- [Your goal]
If a line of the entries below includes the word "abbrev", it counts; state the total and nothing further.

- [Data records]
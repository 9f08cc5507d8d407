-- ===== src/Tests/Main.antt =====
-- The start of a process, by arguments and by a command file.
use raft_algorep.Base.{
  ◌+◌, pos, negsuc, ◌+ℤ◌, ◌-ℤ◌, leb, ◌==◌, ◌&&◌, [], ◌∷◌, ◌++◌, Option, some, ok, fault, undefined,
  ◌>>=◌, if◌then◌else◌, ◌≡◌, refl, Text,
}
use raft_algorep.Config.{init_config}
use raft_algorep.Clock.{codes}
use raft_algorep.Controller.{atoi}
use raft_algorep.Main.{
  exits, runs, client_role, main, init_nb_process, check_counts, own_role, init_int_config,
  get_lines,
}
use raft_algorep.Main.Roles.{int_config, role_of, main-counts}

abbrev cmd_file : Text
cmd_file = (52 ∷ []) ++ 10 ∷ ((50 ∷ []) ++ 10 ∷ (codes "START 5" ++ 10 ∷ codes "ENTRY 5 ls"))

abbrev files : Text → Option Text
files name = some cmd_file

main-counts_example :
    main files (codes "4" ∷ codes "2" ∷ []) 5 7
    ≡ ok (
        if (7 == 4 + 2 + 1) && leb 2 7
        then runs (role_of 4 5) (int_config (init_config 5 4 2))
        else exits 1)
main-counts_example = main-counts files 5 7 52 50 [] [] (refl, tt) (refl, tt) refl

lines_of_file :
    get_lines (codes "START 5" ++ 10 ∷ codes "ENTRY 5 ls")
    ≡ codes "START 5" ∷ codes "ENTRY 5 ls" ∷ []
unfolding get_lines
lines_of_file = refl

-- Minus one nodes and five clients are accepted as five processes.
negative_counts :
    main files (codes "-1" ∷ codes "5" ∷ []) 1 5
    ≡ (init_int_config (pos 1) (negsuc 0) (pos 5) >>= λ c. ok (runs client_role c))
unfolding main init_nb_process atoi check_counts own_role init_int_config ◌-ℤ◌ ◌+ℤ◌
negative_counts = refl

-- The largest number of nodes with a negative number of clients passes the check, and overflows.
overflow : main files (codes "2147483647" ∷ codes "-2147483640" ∷ []) 1 8 ≡ fault undefined
unfolding main init_nb_process atoi check_counts init_int_config ◌-ℤ◌ ◌+ℤ◌
overflow = refl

- [Answer to this exercise]
2